• INSTRUCTIONS FOR THE TASK: With the material below, print exactly the lines between the line holding "allocate_with p x []" and the line holding "allocate p x = allocate_with p x p.free", inclusive. Add nothing else.

(EXERCISE MATERIAL begins)

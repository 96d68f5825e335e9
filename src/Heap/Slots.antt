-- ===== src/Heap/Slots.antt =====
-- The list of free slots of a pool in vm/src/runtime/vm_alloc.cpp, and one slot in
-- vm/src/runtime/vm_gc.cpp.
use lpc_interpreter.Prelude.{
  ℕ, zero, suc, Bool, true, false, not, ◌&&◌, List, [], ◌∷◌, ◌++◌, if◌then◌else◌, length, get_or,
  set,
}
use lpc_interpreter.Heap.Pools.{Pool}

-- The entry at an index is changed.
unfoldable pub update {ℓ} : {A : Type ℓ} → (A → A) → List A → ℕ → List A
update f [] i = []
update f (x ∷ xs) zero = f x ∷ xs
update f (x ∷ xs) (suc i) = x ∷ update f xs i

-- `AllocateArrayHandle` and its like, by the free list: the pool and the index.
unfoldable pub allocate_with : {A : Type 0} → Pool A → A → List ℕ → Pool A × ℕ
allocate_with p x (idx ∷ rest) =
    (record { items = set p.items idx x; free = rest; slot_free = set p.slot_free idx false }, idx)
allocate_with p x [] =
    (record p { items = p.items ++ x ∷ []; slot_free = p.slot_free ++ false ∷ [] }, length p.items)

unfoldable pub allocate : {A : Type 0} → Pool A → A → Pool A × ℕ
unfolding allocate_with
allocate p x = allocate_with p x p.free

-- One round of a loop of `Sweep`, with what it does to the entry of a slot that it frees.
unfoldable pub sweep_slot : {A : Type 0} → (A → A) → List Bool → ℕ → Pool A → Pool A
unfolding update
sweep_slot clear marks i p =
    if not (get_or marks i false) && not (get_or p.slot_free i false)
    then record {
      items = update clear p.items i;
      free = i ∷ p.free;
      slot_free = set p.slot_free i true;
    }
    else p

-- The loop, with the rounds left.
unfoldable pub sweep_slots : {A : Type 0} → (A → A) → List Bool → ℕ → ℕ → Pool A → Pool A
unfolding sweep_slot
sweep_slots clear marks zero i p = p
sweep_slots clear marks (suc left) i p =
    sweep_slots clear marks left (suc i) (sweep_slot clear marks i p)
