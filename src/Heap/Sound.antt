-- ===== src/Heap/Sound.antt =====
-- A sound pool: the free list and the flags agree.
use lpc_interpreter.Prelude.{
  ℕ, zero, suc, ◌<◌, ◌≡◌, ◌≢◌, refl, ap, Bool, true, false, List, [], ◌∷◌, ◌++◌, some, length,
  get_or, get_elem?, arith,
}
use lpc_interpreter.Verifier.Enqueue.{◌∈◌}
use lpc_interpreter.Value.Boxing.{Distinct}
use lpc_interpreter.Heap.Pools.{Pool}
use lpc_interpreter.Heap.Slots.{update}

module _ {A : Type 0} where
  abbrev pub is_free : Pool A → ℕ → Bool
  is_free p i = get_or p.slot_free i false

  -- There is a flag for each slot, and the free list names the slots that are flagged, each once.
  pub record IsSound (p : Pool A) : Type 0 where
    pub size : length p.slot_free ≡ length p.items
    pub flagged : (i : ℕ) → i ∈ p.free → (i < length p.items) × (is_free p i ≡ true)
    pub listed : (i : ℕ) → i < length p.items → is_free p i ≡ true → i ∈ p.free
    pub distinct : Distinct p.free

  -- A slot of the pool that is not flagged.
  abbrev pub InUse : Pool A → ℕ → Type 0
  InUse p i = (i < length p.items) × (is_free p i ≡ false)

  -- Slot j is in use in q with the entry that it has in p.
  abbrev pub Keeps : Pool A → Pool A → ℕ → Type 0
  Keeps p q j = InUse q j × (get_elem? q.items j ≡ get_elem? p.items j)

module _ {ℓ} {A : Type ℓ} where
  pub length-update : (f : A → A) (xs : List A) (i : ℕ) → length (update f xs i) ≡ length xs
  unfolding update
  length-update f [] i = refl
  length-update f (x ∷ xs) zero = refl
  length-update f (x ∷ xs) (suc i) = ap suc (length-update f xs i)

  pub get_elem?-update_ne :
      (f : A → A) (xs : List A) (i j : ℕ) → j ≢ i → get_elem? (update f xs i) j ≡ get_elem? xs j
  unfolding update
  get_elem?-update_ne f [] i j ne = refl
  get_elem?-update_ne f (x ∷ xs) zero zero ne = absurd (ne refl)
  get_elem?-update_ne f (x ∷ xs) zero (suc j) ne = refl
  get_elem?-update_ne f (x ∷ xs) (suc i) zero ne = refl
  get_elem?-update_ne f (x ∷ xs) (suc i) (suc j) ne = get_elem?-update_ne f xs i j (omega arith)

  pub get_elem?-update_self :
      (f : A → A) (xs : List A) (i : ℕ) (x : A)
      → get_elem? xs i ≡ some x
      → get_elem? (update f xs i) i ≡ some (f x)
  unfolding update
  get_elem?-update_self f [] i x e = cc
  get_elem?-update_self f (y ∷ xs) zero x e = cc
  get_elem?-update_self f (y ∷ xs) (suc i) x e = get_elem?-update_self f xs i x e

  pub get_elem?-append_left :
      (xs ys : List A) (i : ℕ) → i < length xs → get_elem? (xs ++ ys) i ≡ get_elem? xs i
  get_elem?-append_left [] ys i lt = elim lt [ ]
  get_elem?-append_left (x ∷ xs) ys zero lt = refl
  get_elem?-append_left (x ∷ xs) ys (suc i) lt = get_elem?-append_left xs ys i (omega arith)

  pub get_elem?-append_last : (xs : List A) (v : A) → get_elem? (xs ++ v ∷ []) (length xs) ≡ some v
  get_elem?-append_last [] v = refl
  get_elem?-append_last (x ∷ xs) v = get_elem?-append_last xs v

(EXERCISE MATERIAL ends)

• RESULT OF THE TASK:
allocate_with p x [] =
    (record p { items = p.items ++ x ∷ []; slot_free = p.slot_free ++ false ∷ [] }, length p.items)

unfoldable pub allocate : {A : Type 0} → Pool A → A → Pool A × ℕ
unfolding allocate_with
allocate p x = allocate_with p x p.free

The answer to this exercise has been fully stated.